The current situation:
If you have an SP for a program, to be cautious, the TiVo will record all episodes it does not recognize its episode or OAD.

What I'd like:

To set it to record episodeds that match my run settings , plus do have identifiable Ep IDs and an OAD, and ignore "generic" listings for the progogram that have no Ep ID or OAD.

Exapmple situation:

Fox affiliate synicates Simpsons, with generic program descriptions for them. Sunday night "new" airing does have correct ep ID and OAD. I would like only "new" airing recorded, based on my run status (of first run only)

Or require syndicated repeats to have a differeint series ID.


----------



## Jonathan_S (Oct 23, 2001)

Mostly correct. If the TiVo doesn't recognize the episode (specifically if there is no episodeID provided in the guide data) a First Run Only season pass will record the episode just to be safe. (After all as far as the TiVo knows it might be a new episode).

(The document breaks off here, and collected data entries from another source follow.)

-- ===== src/Engine/Pipeline/Tick.antt =====
-- A tick: what it keeps, and that it does not panic.
use aerocast.Prelude.{
  ℕ, zero, suc, ◌+◌, ◌≤◌, ◌≡◌, ◌∙◌, refl, ap, List, length, some, ◌==◌, Bool-cases, inl, inr,
}
use aerocast.Binary.Egress.{EgressBuffer}
use aerocast.Float.{Platform}
use aerocast.Spatial.Grid.{egress_records}
use aerocast.Geofence.Fence.{Fence}
use aerocast.Fanout.Subscribers.{subscribers_in_cell}
use aerocast.Fanout.Subscribers.Delivery.{broadcast-mail_to}
use aerocast.Engine.Cms
use aerocast.Engine.Pipeline.{Engine, broadcast_cell, cells_loop, broadcast_tick, tick}
use aerocast.Engine.Pipeline.Ready.{IsReady}

-- The engine e' is e with other channels: the same subscriptions and cells, and the same state
-- elsewhere, except that frames may have been sent or dropped.
pub record OnlySent {E : Type 0} (e e' : Engine E) : Type 0 where
  pub subs : e'.fanout.subs ≡ e.fanout.subs
  pub cells : e'.fanout.cell_index ≡ e.fanout.cell_index
  pub rest : e' ≡ record e { fanout = e'.fanout }

module _ {E : Type 0} (p : Platform) (fs : List Fence) (recycled : EgressBuffer)
    (room : 20 ≤ recycled.cap) where
  broadcast_cell-IsReady :
      (e : Engine E) (cell : ℕ)
      → IsReady p fs e
      → (e' : Engine E) × (broadcast_cell recycled e cell ≡ some e')
        × IsReady p fs e'
        × OnlySent e e'
  unfolding broadcast_cell
  broadcast_cell-IsReady e cell r = elim (Bool-cases (subscribers_in_cell e.fanout cell == 0)) [
    | inl nobody ↦ (e, rw nobody, r, record { subs = refl; cells = refl; rest = refl })
    | inr somebody ↦ elim (Bool-cases (length (egress_records e.grid cell) == 0)) [
      | inl nothing ↦
          (e, rw (somebody, nothing), r, record { subs = refl; cells = refl; rest = refl })
      | inr records ↦
          let (fan, n, sent, ext) =
            broadcast-mail_to recycled e.fanout cell (egress_records e.grid cell) room r.sound in
          (
            record e { fanout = fan },
            rw (somebody, records) (rw sent),
            record { tracks = r.tracks; stored = r.stored; sound = ext.sound },
            record { subs = ext.same_subs; cells = ext.same_index; rest = refl },
          )
    ]
  ]

  cells_loop-IsReady :
      (n cell : ℕ) (e : Engine E)
      → IsReady p fs e
      → (e' : Engine E) × (cells_loop n cell recycled e ≡ some e') × IsReady p fs e' × OnlySent e e'
  unfolding cells_loop
  cells_loop-IsReady zero cell e r = (e, refl, r, record { subs = refl; cells = refl; rest = refl })
  cells_loop-IsReady (suc n) cell e r =
      let (e1, run1, r1, same1) = broadcast_cell-IsReady e cell r in
      let (e2, run2, r2, same2) = cells_loop-IsReady n (cell + 1) e1 r1 in
      (
        e2,
        rw run1 run2,
        r2,
        record {
          subs = same2.subs ∙ same1.subs;
          cells = same2.cells ∙ same1.cells;
          rest =
              same2.rest
              ∙ ap {A = Engine E} {B = Engine E} (λ x. record x { fanout = e2.fanout }) same1.rest;
        },
      )

  -- A tick of a ready engine never panics and keeps it ready: it clears the sketch, and of the rest it
  -- changes only the channels and the count of dropped frames. The pooled buffer can hold a record.
  pub tick-IsReady :
      (e : Engine E)
      → IsReady p fs e
      → (e' : Engine E) × (tick recycled e ≡ some e')
        × IsReady p fs e'
        × OnlySent (record e { cms = λ row col. 0 }) e'
  unfolding tick broadcast_tick Cms.reset
  tick-IsReady e r =
      cells_loop-IsReady 256 0 (record e { cms = λ row col. 0 })
        (record { tracks = r.tracks; stored = r.stored; sound = r.sound })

However, if you manage to get an episode that does have an episodeID, but doesn't have an original air date (a much rarer combination), then then a First Run Only season pass with _not_ record it. 
I've only see this happen twice, but it failed to record a new episode for me both times. (However I got lucky, in one case the TiVo picked up the episode as a suggestion, and the other I noticed beforehand and set a manual recording).

But I agree that it would be very nice to be able to tell the TiVo that you don't want it to record unknown episodes of Monk or The Simpsons, because you know that they are always reruns.


----------